In the listing below, find the line containing "get_user_credential_by_username username = do" and the line containing "else (ok box, record". Repeat exactly those two lines and every line between them.

*** Begin section ***

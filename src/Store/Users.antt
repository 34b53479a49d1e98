-- ===== src/Store/Users.antt =====
-- internal/store/store.go, lines 362 to 502: accounts.
pub mod Deletion
use callfxo.Prelude.{
  ℕ, suc, Bool, true, false, Option, none, some, List, [], ◌∷◌, ◌++◌, map, ◌&&◌, length,
  if◌then◌else◌,
}
use callfxo.Prelude.Integers.{ℤ, pos}
use callfxo.Prelude.Equality.{◌==◌, int_eq, list_eq, nat_eq}
use callfxo.Prelude.Rows.{select, delete_where, update_where, first, exists, count_where}
use callfxo.Text.{Text}
use callfxo.Store.Schema.{
  User, UserCredential, Tables, Store, Error, not_found, constraint, engine, Result, ok, err,
  Action, ◌>>=◌, ◌>>◌, pure, raise, statement, read, or_not_found, found, cascade_user,
  normalize_role, role_admin,
}

unfoldable pub insert_user : Text → Text → Text → ℕ → Tables → Result User × Tables
insert_user username password_hash role now t =
    let user : User = record {
      id = pos t.next_user;
      username = username;
      role = role;
      created_at = now;
    } in
    if exists (λ (u : UserCredential). u.username == username) t.users
    then (err constraint, t)
    else (
      ok user,
      record t {
        users = t.users ++ record { user = user; password_hash = password_hash } ∷ [];
        next_user = suc t.next_user;
      },
    )

unfoldable pub create_user : Text → Text → Text → ℕ → Action User
unfolding insert_user normalize_role
create_user username password_hash role now =
    statement (insert_user username password_hash (normalize_role role) now)

-- DELETE FROM users WHERE id = ?, with the number of rows.
unfoldable pub delete_users : ℤ → Tables → Result ℕ × Tables
unfolding cascade_user
delete_users id t = (
  ok (count_where (λ (u : UserCredential). u.id == id) t.users),
  cascade_user id (record t { users = delete_where (λ (u : UserCredential). u.id == id) t.users }),
)

unfoldable pub delete_contacts_of : ℤ → Tables → Result (Unit {0}) × Tables
delete_contacts_of id t =
    (ok tt, record t { contacts = delete_where (λ c. c.user_id == id) t.contacts })

unfoldable pub delete_call_logs_of : ℤ → Tables → Result (Unit {0}) × Tables
delete_call_logs_of id t =
    (ok tt, record t { call_logs = delete_where (λ l. l.user_id == id) t.call_logs })

-- tx.Rollback: the tables are those at BEGIN.
abbrev pub rollback : Tables → Store → Store
rollback before s = record s { tables = before }

-- What a COMMIT that failed leaves, after which the code does not roll back: the next of the faults says
-- whether the statements of the transaction stay, and else the engine has rolled back.
abbrev pub commit_failed : Tables → Tables → List Bool → Store
commit_failed before t [] = record { tables = before; faults = [] }
commit_failed before t (true ∷ fs) = record { tables = t; faults = fs }
commit_failed before t (false ∷ fs) = record { tables = before; faults = fs }

abbrev pub committed : Tables → Result (Unit {0}) × Store → Result (Unit {0}) × Store
committed before (ok u, s) = (ok tt, s)
committed before (err e, s) = (err e, commit_failed before s.tables s.faults)

abbrev pub call_logs_deleted : Tables → Result (Unit {0}) × Store → Result (Unit {0}) × Store
call_logs_deleted before (err e, s) = (err e, rollback before s)
call_logs_deleted before (ok u, s) = committed before (statement (λ t. (ok tt, t)) s)

abbrev pub contacts_deleted : ℤ → Tables → Result (Unit {0}) × Store → Result (Unit {0}) × Store
contacts_deleted id before (err e, s) = (err e, rollback before s)
contacts_deleted id before (ok u, s) =
    call_logs_deleted before (statement (delete_call_logs_of id) s)

abbrev pub users_deleted : ℤ → Tables → Result ℕ × Store → Result (Unit {0}) × Store
users_deleted id before (err e, s) = (err e, rollback before s)
users_deleted id before (ok n, s) =
    if n == 0
    then (err not_found, rollback before s)
    else contacts_deleted id before (statement (delete_contacts_of id) s)

abbrev pub begun : ℤ → Result (Unit {0}) × Store → Result (Unit {0}) × Store
begun id (err e, s) = (err e, s)
begun id (ok u, s) = users_deleted id s.tables (statement (delete_users id) s)

unfoldable pub delete_user : ℤ → Action (Unit {0})
unfolding statement delete_users delete_contacts_of delete_call_logs_of
delete_user id s = begun id (statement (λ t. (ok tt, t)) s)

unfoldable pub count_users : Action ℕ
unfolding read
count_users = read (λ t. ok (length t.users))

unfoldable pub count_admins : Action ℕ
unfolding read
count_admins = read (λ t. ok (count_where (λ (u : UserCredential). u.role == role_admin) t.users))

unfoldable pub set_user_role_by_username : Text → Text → Action (Unit {0})
unfolding statement normalize_role
set_user_role_by_username username role = statement λ t.
    or_not_found (exists (λ (u : UserCredential). u.username == username) t.users)
      (record t {
        users =
            update_where (λ (u : UserCredential). u.username == username)
              (λ u. record u { user = record (u.user) { role = normalize_role role } }) t.users;
      })
      t

-- The row as `ListUsers` and `GetUserCredential…` return it.
unfoldable pub scan_credential : UserCredential → UserCredential
unfolding normalize_role
scan_credential u = record u { user = record (u.user) { role = normalize_role u.role } }

unfoldable pub list_users : Action (List User)
unfolding read scan_credential
list_users = read (λ t. ok (map (λ u. (scan_credential u).user) t.users))

unfoldable pub get_user_credential_by_username : Text → Action UserCredential
unfolding read scan_credential
get_user_credential_by_username username = do
  u ← read (λ t. found (first (λ (u : UserCredential). u.username == username) t.users))
  pure (scan_credential u)

unfoldable pub get_user_credential_by_id : ℤ → Action UserCredential
unfolding read scan_credential
get_user_credential_by_id id = do
  u ← read (λ t. found (first (λ (u : UserCredential). u.id == id) t.users))
  pure (scan_credential u)

unfoldable pub update_user_password_hash_by_id : ℤ → Text → Action (Unit {0})
unfolding statement
update_user_password_hash_by_id id password_hash = statement λ t.
    or_not_found (exists (λ (u : UserCredential). u.id == id) t.users)
      (record t {
        users =
            update_where (λ (u : UserCredential). u.id == id)
              (λ u. record u { password_hash = password_hash }) t.users;
      })
      t
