-- ===== src/Store/Boxes.antt =====
-- internal/store/store.go, lines 530 to 739: the FXO boxes, and their lists with the state of the
-- registration.
use callfxo.Prelude.{
  ℕ, suc, Bool, true, false, Option, none, some, List, [], ◌∷◌, ◌++◌, map, ◌&&◌, ltb, not,
  if◌then◌else◌,
}
use callfxo.Prelude.Integers.{ℤ, pos}
use callfxo.Prelude.Equality.{◌==◌, int_eq, list_eq, nat_eq}
use callfxo.Prelude.Rows.{select, delete_where, update_where, first, exists}
use callfxo.Text.{Text}
use callfxo.Store.Schema.{
  FxoBox, Registration, PermissionRow, Tables, not_found, constraint, Result, ok, err, Action, ◌>>◌,
  statement, read, or_not_found, found, cascade_box, has_box,
}

pub record FxoBoxWithStatus : Type 0 where
  pub box : FxoBox
  pub online : Bool
  pub in_use : Bool
  pub registration : Option Registration

pub record FxoBoxForUser : Type 0 where
  pub status : FxoBoxWithStatus
  pub can_dial : Bool
  pub can_receive : Bool
  pub notify_incoming : Bool

unfoldable pub insert_box : Text → Text → Text → ℕ → Tables → Result FxoBox × Tables
insert_box name sip_username sip_password now t =
    let box : FxoBox = record {
      id = pos t.next_box;
      name = name;
      sip_username = sip_username;
      sip_password = sip_password;
      created_at = now;
    } in
    if exists (λ (b : FxoBox). b.sip_username == sip_username) t.boxes
    then (err constraint, t)
    else (ok box, record t { boxes = t.boxes ++ box ∷ []; next_box = suc t.next_box })

unfoldable pub create_fxo_box : Text → Text → Text → ℕ → Action FxoBox
unfolding insert_box statement
create_fxo_box name sip_username sip_password now =
    statement (insert_box name sip_username sip_password now)

unfoldable pub get_fxo_box_by_id : ℤ → Action FxoBox
unfolding read
get_fxo_box_by_id id = read (λ t. found (first (λ (b : FxoBox). b.id == id) t.boxes))

unfoldable pub get_fxo_box_by_sip_username : Text → Action FxoBox
unfolding read
get_fxo_box_by_sip_username username =
    read (λ t. found (first (λ (b : FxoBox). b.sip_username == username) t.boxes))

-- The UNIQUE key fails the UPDATE where another box has the name.
unfoldable pub update_box_row : ℤ → Text → Text → Text → Tables → Result (Unit {0}) × Tables
unfolding has_box
update_box_row id name sip_username sip_password t =
    if has_box id t
    then (if exists (λ (b : FxoBox). b.sip_username == sip_username && not (b.id == id)) t.boxes
        then (err constraint, t)
        else (
          ok tt,
          record t {
            boxes =
                update_where (λ (b : FxoBox). b.id == id)
                  (λ b. record b {
                    name = name;
                    sip_username = sip_username;
                    sip_password = sip_password;
                  })
                  t.boxes;
          },
        ))
    else (err not_found, t)

unfoldable pub update_fxo_box : ℤ → Text → Text → Text → Action FxoBox
unfolding statement update_box_row get_fxo_box_by_id
update_fxo_box id name sip_username sip_password = do
  statement (update_box_row id name sip_username sip_password)
  get_fxo_box_by_id id

unfoldable pub delete_fxo_box : ℤ → Action (Unit {0})
unfolding statement cascade_box has_box
delete_fxo_box id = statement λ t.
    or_not_found (has_box id t)
      (cascade_box id (record t { boxes = delete_where (λ (b : FxoBox). b.id == id) t.boxes })) t

-- LEFT JOIN on the primary key of fxo_registrations.
unfoldable pub registration_of : ℤ → Tables → Option Registration
registration_of id t = first (λ (r : Registration). r.fxo_box_id == id) t.registrations

unfoldable pub is_online : ℕ → Option Registration → Bool
is_online now none = false
is_online now (some r) = ltb now r.expires_at

unfoldable pub with_status : ℕ → Tables → FxoBox → FxoBoxWithStatus
unfolding registration_of is_online
with_status now t b = record {
  box = b;
  online = is_online now (registration_of b.id t);
  in_use = false;
  registration = registration_of b.id t;
}

unfoldable pub list_fxo_boxes_with_status : ℕ → Action (List FxoBoxWithStatus)
unfolding read with_status
list_fxo_boxes_with_status now = read (λ t. ok (map (with_status now t) t.boxes))

-- LEFT JOIN on the primary key of user_fxo_permissions.
unfoldable pub permission_of : ℤ → ℤ → Tables → Option PermissionRow
permission_of user_id box_id t =
    first (λ (p : PermissionRow). p.user_id == user_id && p.fxo_box_id == box_id) t.permissions

-- `v.Valid && v.Int64 != 0` of a column.
abbrev pub flag_of : (PermissionRow → ℕ) → Option PermissionRow → Bool
flag_of column none = false
flag_of column (some p) = not (column p == 0)

-- The preference of an administrator, who needs no row.
abbrev pub notify_or_default : Option PermissionRow → Bool
notify_or_default none = true
notify_or_default (some p) = not (p.notify_incoming == 0)

unfoldable pub for_user : ℕ → ℤ → Bool → Tables → FxoBox → FxoBoxForUser
unfolding with_status permission_of
for_user now user_id include_all t b =
    let p = permission_of user_id b.id t in
    if include_all
    then record {
      status = with_status now t b;
      can_dial = true;
      can_receive = true;
      notify_incoming = notify_or_default p;
    }
    else record {
      status = with_status now t b;
      can_dial = flag_of (λ q. q.can_dial) p;
      can_receive = flag_of (λ q. q.can_receive) p;
      notify_incoming = flag_of (λ q. q.notify_incoming) p;
    }

-- `WHERE p.can_dial = 1`, which a missing row does not meet.
abbrev pub column_is_one : (PermissionRow → ℕ) → Option PermissionRow → Bool
column_is_one column none = false
column_is_one column (some p) = column p == 1

unfoldable pub list_fxo_boxes_with_status_for_user : ℕ → ℤ → Bool → Action (List FxoBoxForUser)
unfolding read for_user permission_of
list_fxo_boxes_with_status_for_user now user_id include_all = read λ t. ok (
    map (for_user now user_id include_all t) (
      if include_all
      then t.boxes
      else select (λ (b : FxoBox). column_is_one (λ q. q.can_dial) (permission_of user_id b.id t))
          t.boxes))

*** End section ***

### [Output below]
get_user_credential_by_username username = do
  u ← read (λ t. found (first (λ (u : UserCredential). u.username == username) t.users))
  pure (scan_credential u)

unfoldable pub get_user_credential_by_id : ℤ → Action UserCredential
unfolding read scan_credential
get_user_credential_by_id id = do
  u ← read (λ t. found (first (λ (u : UserCredential). u.id == id) t.users))
  pure (scan_credential u)

unfoldable pub update_user_password_hash_by_id : ℤ → Text → Action (Unit {0})
unfolding statement
update_user_password_hash_by_id id password_hash = statement λ t.
    or_not_found (exists (λ (u : UserCredential). u.id == id) t.users)
      (record t {
        users =
            update_where (λ (u : UserCredential). u.id == id)
              (λ u. record u { password_hash = password_hash }) t.users;
      })
      t
-- ===== src/Store/Boxes.antt =====
-- internal/store/store.go, lines 530 to 739: the FXO boxes, and their lists with the state of the
-- registration.
use callfxo.Prelude.{
  ℕ, suc, Bool, true, false, Option, none, some, List, [], ◌∷◌, ◌++◌, map, ◌&&◌, ltb, not,
  if◌then◌else◌,
}
use callfxo.Prelude.Integers.{ℤ, pos}
use callfxo.Prelude.Equality.{◌==◌, int_eq, list_eq, nat_eq}
use callfxo.Prelude.Rows.{select, delete_where, update_where, first, exists}
use callfxo.Text.{Text}
use callfxo.Store.Schema.{
  FxoBox, Registration, PermissionRow, Tables, not_found, constraint, Result, ok, err, Action, ◌>>◌,
  statement, read, or_not_found, found, cascade_box, has_box,
}

pub record FxoBoxWithStatus : Type 0 where
  pub box : FxoBox
  pub online : Bool
  pub in_use : Bool
  pub registration : Option Registration

pub record FxoBoxForUser : Type 0 where
  pub status : FxoBoxWithStatus
  pub can_dial : Bool
  pub can_receive : Bool
  pub notify_incoming : Bool

unfoldable pub insert_box : Text → Text → Text → ℕ → Tables → Result FxoBox × Tables
insert_box name sip_username sip_password now t =
    let box : FxoBox = record {
      id = pos t.next_box;
      name = name;
      sip_username = sip_username;
      sip_password = sip_password;
      created_at = now;
    } in
    if exists (λ (b : FxoBox). b.sip_username == sip_username) t.boxes
    then (err constraint, t)
    else (ok box, record t { boxes = t.boxes ++ box ∷ []; next_box = suc t.next_box })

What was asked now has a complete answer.